侵袭型疟原虫利用其根尖细胞器如淋巴细胞进行红细胞侵袭。其中一种核糖核酸分子，核糖核酸复合体，已知与红细胞表面结合。为了明确红细胞受体和RhopH复合物结合域的特征，我们今年着手制作了一组针对恶性疟原虫RhopH复合物的重组蛋白和抗体。首先，我们通过添加myc标签和绿色荧光蛋白对表达质粒进行修饰，使下游分析更加容易。其次，我们采用了Gateway系统（Invitrogen）来简化表达构建，因为没有这种技术，很难构建最终的大质粒构建体。第三，通过遗传分析，我们认为RhopH1基因是RhopH复合体中结合组分最强的候选基因，我们将RhopH1基因分成3个部分，并连接到表达构建体中。目前，我们正在评估这些结构在哺乳动物系统中的表达。另一方面，我们成功地在大肠杆菌中生成了重组蛋白，并获得了针对恶性疟原虫RhopH复合物各组分的特异性抗体。我们还通过DNA免疫获得了特异性抗血清。免疫荧光显微镜和免疫印迹分析发现，这些血清对寄生虫的天然蛋白有反应。这些目前用于RhopH复合物的免疫沉淀，RhopH复合物结合并从红细胞表面洗脱，以评估红细胞受体的特性。

项目成果

Kawazu S, Nozaki T, Tsuboi T, et al.: "Expression profiles of peroxiredoxin proteins of the rodent malaria parasite Plasmodium yoelii."International Journal for Parasitology. 33(13). 1455-1461 (2003)

Kawazu S、Nozaki T、Tsuboi T 等人：“啮齿动物疟疾寄生虫约氏疟原虫的过氧化还原蛋白的表达谱。”国际寄生虫学杂志。

Katakura K, Fujise H, Takeda K, et al.: "Overexpression of LaMDR2, a novel multidrug resistance ATP-binding cassette transporter, causes 5-fluorouracil resistance in Leishmania amazonensis."FEBS Letters. 561(1-3). 207-212 (2004)

Katakura K、Fujise H、Takeda K 等人：“LaMDR2（一种新型多药耐药性 ATP 结合盒转运蛋白）的过度表达会导致亚马逊利什曼原虫产生 5-氟尿嘧啶耐药性。”FEBS Letters。

Ling IT, Florens L, Dluzewski AR, Kaneko O, et al.: "The Plasmodium falciparum clag9 gene encodes a rhoptry protein that is transferred to the host erythrocyte upon invasion."Molecular Microbiology. (in press). (2004)

Ling IT、Florens L、Dluzewski AR、Kaneko O 等人：“恶性疟原虫 clag9 基因编码一种棒状体蛋白，该蛋白在入侵时转移至宿主红细胞。”分子微生物学。
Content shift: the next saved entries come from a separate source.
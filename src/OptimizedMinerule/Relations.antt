-- ===== src/OptimizedMinerule/Relations.antt =====
-- What `getMineruleRelationship` tells from the relationships of the three conditions.
use minerule.Prelude.{◌≡◌, refl, List, [], ◌∷◌, all, if◌then◌else◌}
use minerule.NormalForm.{
  Relationship, first_more_general, first_more_specific, equivalent, unrelated,
}
use minerule.PredicateUtils.Inclusion.{includes_second, includes_first}
use minerule.OptimizedMinerule.{no_relationship, dominance, equivalence, relation_loop}

relation_loop-dominance :
    (relations : List Relationship)
    → relation_loop dominance relations
      ≡ (if all includes_second relations then dominance else no_relationship)
unfolding relation_loop
relation_loop-dominance [] = refl
relation_loop-dominance (first_more_general ∷ rest) = relation_loop-dominance rest
relation_loop-dominance (first_more_specific ∷ rest) = refl
relation_loop-dominance (equivalent ∷ rest) = relation_loop-dominance rest
relation_loop-dominance (unrelated ∷ rest) = refl

-- The loop of getMineruleRelationship over the relationships of the conditions gives an equivalence
-- if each includes the second and each includes the first, a dominance if each includes the second
-- but not each the first, and no relationship otherwise.
pub relation_loop-includes :
    (relations : List Relationship)
    → relation_loop equivalence relations ≡ (
        if all includes_second relations
        then (if all includes_first relations then equivalence else dominance)
        else no_relationship)
unfolding relation_loop
relation_loop-includes [] = refl
relation_loop-includes (first_more_general ∷ rest) = relation_loop-dominance rest
relation_loop-includes (first_more_specific ∷ rest) = refl
relation_loop-includes (equivalent ∷ rest) = relation_loop-includes rest
relation_loop-includes (unrelated ∷ rest) = refl
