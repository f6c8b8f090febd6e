-- ===== src/Separator.antt =====
-- src/PredicateUtils/HeadBodyPredicatesSeparator.cpp: the text of the conditions on the body and of
-- those on the head. `none` is an exception.
use minerule.Prelude.{Bool, if◌then◌else◌, Option, none, some, ◌>>=◌, List, [], ◌∷◌, ◌++◌}
use minerule.Predicate.{Text, ParsedPred}
use minerule.SqlUtils.{is_attribute, strip_prefix, remove_head_body, head_dot, body_dot}

-- `ConstraintClass`, without its error state, in which an exception is thrown.
pub data ConstraintClass : Type 0 where
  no_info body_constr head_constr : ConstraintClass

-- `setState`, with the state that it leaves.
unfoldable pub set_state : ConstraintClass → ConstraintClass → Option ConstraintClass
set_state no_info new_one = some new_one
set_state body_constr body_constr = some body_constr
set_state body_constr no_info = none
set_state body_constr head_constr = none
set_state head_constr head_constr = some head_constr
set_state head_constr no_info = none
set_state head_constr body_constr = none

-- `setStateAccordinglyToString`: the state, and the string without its selector.
unfoldable pub set_state_accordingly_to_string :
    (Text → Bool) → Text → ConstraintClass → Option (ConstraintClass × Text)
set_state_accordingly_to_string is_number str state = elim (strip_prefix body_dot str) [
  | some _ ↦ do state1 ← set_state state body_constr; some (state1, remove_head_body str)
  | none ↦ elim (strip_prefix head_dot str) [
    | some _ ↦ do state1 ← set_state state head_constr; some (state1, remove_head_body str)
    | none ↦ if is_attribute is_number str then none else some (state, str)
  ]
]

-- `updateConstraint`
unfoldable pub update_constraint : Text → Text → Text → Text → Text
update_constraint str v1 op v2 =
    let added = v1 ++ (b' ' ∷ (op ++ (b' ' ∷ v2))) in
    elim str [ [] ↦ added | c ∷ s ↦ (c ∷ s) ++ (b' ' ∷ b'A' ∷ b'N' ∷ b'D' ∷ b' ' ∷ added) ]

-- The loop of `separate`, on the texts for the body and for the head.
unfoldable pub separate_loop : (Text → Bool) → List ParsedPred → Text → Text → Option (Text × Text)
separate_loop is_number [] body head = some (body, head)
separate_loop is_number (p ∷ l_and) body head = do
  (state1, v1) ← set_state_accordingly_to_string is_number p.val1 no_info
  (state2, v2) ← set_state_accordingly_to_string is_number p.val2 state1
  elim state2 [
    | no_info ↦ none
    | body_constr ↦ separate_loop is_number l_and (update_constraint body v1 p.op v2) head
    | head_constr ↦ separate_loop is_number l_and body (update_constraint head v1 p.op v2)
  ]

-- `separate`
unfoldable pub separate : (Text → Bool) → List ParsedPred → Text → Text → Option (Text × Text)
separate is_number [] body head = some (b'1' ∷ b'=' ∷ b'1' ∷ [], b'1' ∷ b'=' ∷ b'1' ∷ [])
separate is_number (p ∷ l_and) body head = separate_loop is_number (p ∷ l_and) body head
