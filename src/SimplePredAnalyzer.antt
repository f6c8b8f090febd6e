-- ===== src/SimplePredAnalyzer.antt =====
-- src/PredicateUtils/SimplePredAnalyzer.cpp: the relation of `a Xop x` to `a Yop y` for an attribute
-- `a`, from a table. A character of the table is its code. `none` is an exception or an access
-- outside the table.
pub mod Table
use minerule.Prelude.{
  ℕ, zero, suc, Bool, true, false, ◌&&◌, ◌==◌, if◌then◌else◌, Option, none, some, ◌>>=◌, List, [],
  ◌∷◌, get_elem?, get_or, Ordering,
}
use minerule.Predicate.{Text, compare_text}
use minerule.SqlUtils.{SqlKind, numeric, string, binary, date_time, bit_kind}

-- `opRelationTable`
unfoldable pub op_relation_table : List (List Text)
op_relation_table =
    ((b'l' ∷ b'b' ∷ b'r' ∷ [])
      ∷ (b'l' ∷ b'r' ∷ b'r' ∷ [])
      ∷ (b'l' ∷ b'!' ∷ b'!' ∷ [])
      ∷ (b'/' ∷ b'!' ∷ b'!' ∷ [])
      ∷ (b'/' ∷ b'!' ∷ b'!' ∷ [])
      ∷ (b'/' ∷ b'r' ∷ b'r' ∷ [])
      ∷ [])
    ∷ ((b'l' ∷ b'l' ∷ b'r' ∷ [])
        ∷ (b'l' ∷ b'b' ∷ b'r' ∷ [])
        ∷ (b'l' ∷ b'l' ∷ b'!' ∷ [])
        ∷ (b'/' ∷ b'=' ∷ b'!' ∷ [])
        ∷ (b'/' ∷ b'!' ∷ b'!' ∷ [])
        ∷ (b'/' ∷ b'<' ∷ b'r' ∷ [])
        ∷ [])
    ∷ ((b'!' ∷ b'!' ∷ b'r' ∷ [])
        ∷ (b'!' ∷ b'r' ∷ b'r' ∷ [])
        ∷ (b'!' ∷ b'b' ∷ b'!' ∷ [])
        ∷ (b'r' ∷ b'r' ∷ b'!' ∷ [])
        ∷ (b'r' ∷ b'!' ∷ b'!' ∷ [])
        ∷ (b'r' ∷ b'!' ∷ b'r' ∷ [])
        ∷ [])
    ∷ ((b'!' ∷ b'!' ∷ b'/' ∷ [])
        ∷ (b'!' ∷ b'=' ∷ b'/' ∷ [])
        ∷ (b'!' ∷ b'l' ∷ b'l' ∷ [])
        ∷ (b'r' ∷ b'b' ∷ b'l' ∷ [])
        ∷ (b'r' ∷ b'l' ∷ b'l' ∷ [])
        ∷ (b'r' ∷ b'>' ∷ b'/' ∷ [])
        ∷ [])
    ∷ ((b'!' ∷ b'!' ∷ b'/' ∷ [])
        ∷ (b'!' ∷ b'!' ∷ b'/' ∷ [])
        ∷ (b'!' ∷ b'!' ∷ b'l' ∷ [])
        ∷ (b'r' ∷ b'r' ∷ b'l' ∷ [])
        ∷ (b'r' ∷ b'b' ∷ b'l' ∷ [])
        ∷ (b'r' ∷ b'r' ∷ b'/' ∷ [])
        ∷ [])
    ∷ ((b'l' ∷ b'l' ∷ b'/' ∷ [])
        ∷ (b'l' ∷ b'<' ∷ b'/' ∷ [])
        ∷ (b'l' ∷ b'!' ∷ b'l' ∷ [])
        ∷ (b'/' ∷ b'>' ∷ b'l' ∷ [])
        ∷ (b'/' ∷ b'l' ∷ b'l' ∷ [])
        ∷ (b'/' ∷ b'b' ∷ b'/' ∷ [])
        ∷ [])
    ∷ []

-- `getOperatorIndex`, on a string that ends with a zero.
unfoldable pub get_operator_index : Text → Option ℕ
get_operator_index op =
    let c0 = get_or op 0 0 in
    let c1 = get_or op 1 0 in
    if c0 == b'<'
    then (if c1 == 0
        then some 0
        else (if c1 == b'=' then some 1 else (if c1 == b'>' then some 5 else none)))
    else (if c0 == b'>'
        then (if c1 == 0 then some 4 else (if c1 == b'=' then some 3 else none))
        else (if c0 == b'=' then (if c1 == 0 then some 2 else none) else none))

-- What the code is given: whether `toDouble` accepts a string, and the sign of
-- `toDouble(v) - toDouble(w)`.
module _ (is_number : Text → Bool) (numeric_order : Text → Text → Ordering) where
  unfoldable pub values_order : SqlKind → Text → Text → Option Ordering
  values_order string v w = some (compare_text v w)
  values_order numeric v w = if is_number v && is_number w then some (numeric_order v w) else none
  values_order binary v w = none
  values_order date_time v w = none
  values_order bit_kind v w = none

  -- `getValuesRelationshipIndex`
  unfoldable pub get_values_relationship_index : Text → Text → SqlKind → Option ℕ
  get_values_relationship_index v w t = do
    order ← values_order t v w
    some (elim order [ Ordering.lt ↦ 2 | Ordering.eq ↦ 1 | Ordering.gt ↦ 0 ])

  -- `getRelation`
  unfoldable pub get_relation : Text → Text → Text → Text → SqlKind → Option ℕ
  get_relation x_op x_value y_op y_value t = do
    x_op_index ← get_operator_index x_op
    y_op_index ← get_operator_index y_op
    xy_vals_index ← get_values_relationship_index x_value y_value t
    row ← get_elem? op_relation_table x_op_index
    entry ← get_elem? row y_op_index
    get_elem? entry xy_vals_index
Arakawa T, Tsuboi T, Kishimoto A, Sattabongkot J, Suwanabun N, Rungruang T, Matsumoto Y, Tsuji N, Hisaeda H, Stowers A, Shimabukuro I, Sato Y, Torn M: "Serum antibodies induced by intranasal immunization of mice with Plasmodium vivax Pvs25 co-administered

Arakawa T、Tsuboi T、Kishimoto A、Sattabongkot J、Suwanabun N、Rungruang T、Matsumoto Y、Tsuji N、Hisaeda H、Stowers A、Shimabukuro I、Sato Y、Torn M：“用疟原虫鼻内免疫小鼠诱导的血清抗体

Tsuboi T, Kaneko O, Eitoku C, Suwanabun N, Sattabongkot J, Vinetz JM, Torn M.: "Gene structure and ookinete expression of the chitinase genes of Plasmodium vivax and Plasmodium yoelii"Molecular and Biochemical Parasitology. 130(1). 51-54 (2003)

Tsuboi T、Kaneko O、Eitoku C、Suwanabun N、Sattabongkot J、Vinetz JM、Torn M.：“间日疟原虫和约氏疟原虫几丁质酶基因的基因结构和动合子表达”分子和生化寄生虫学。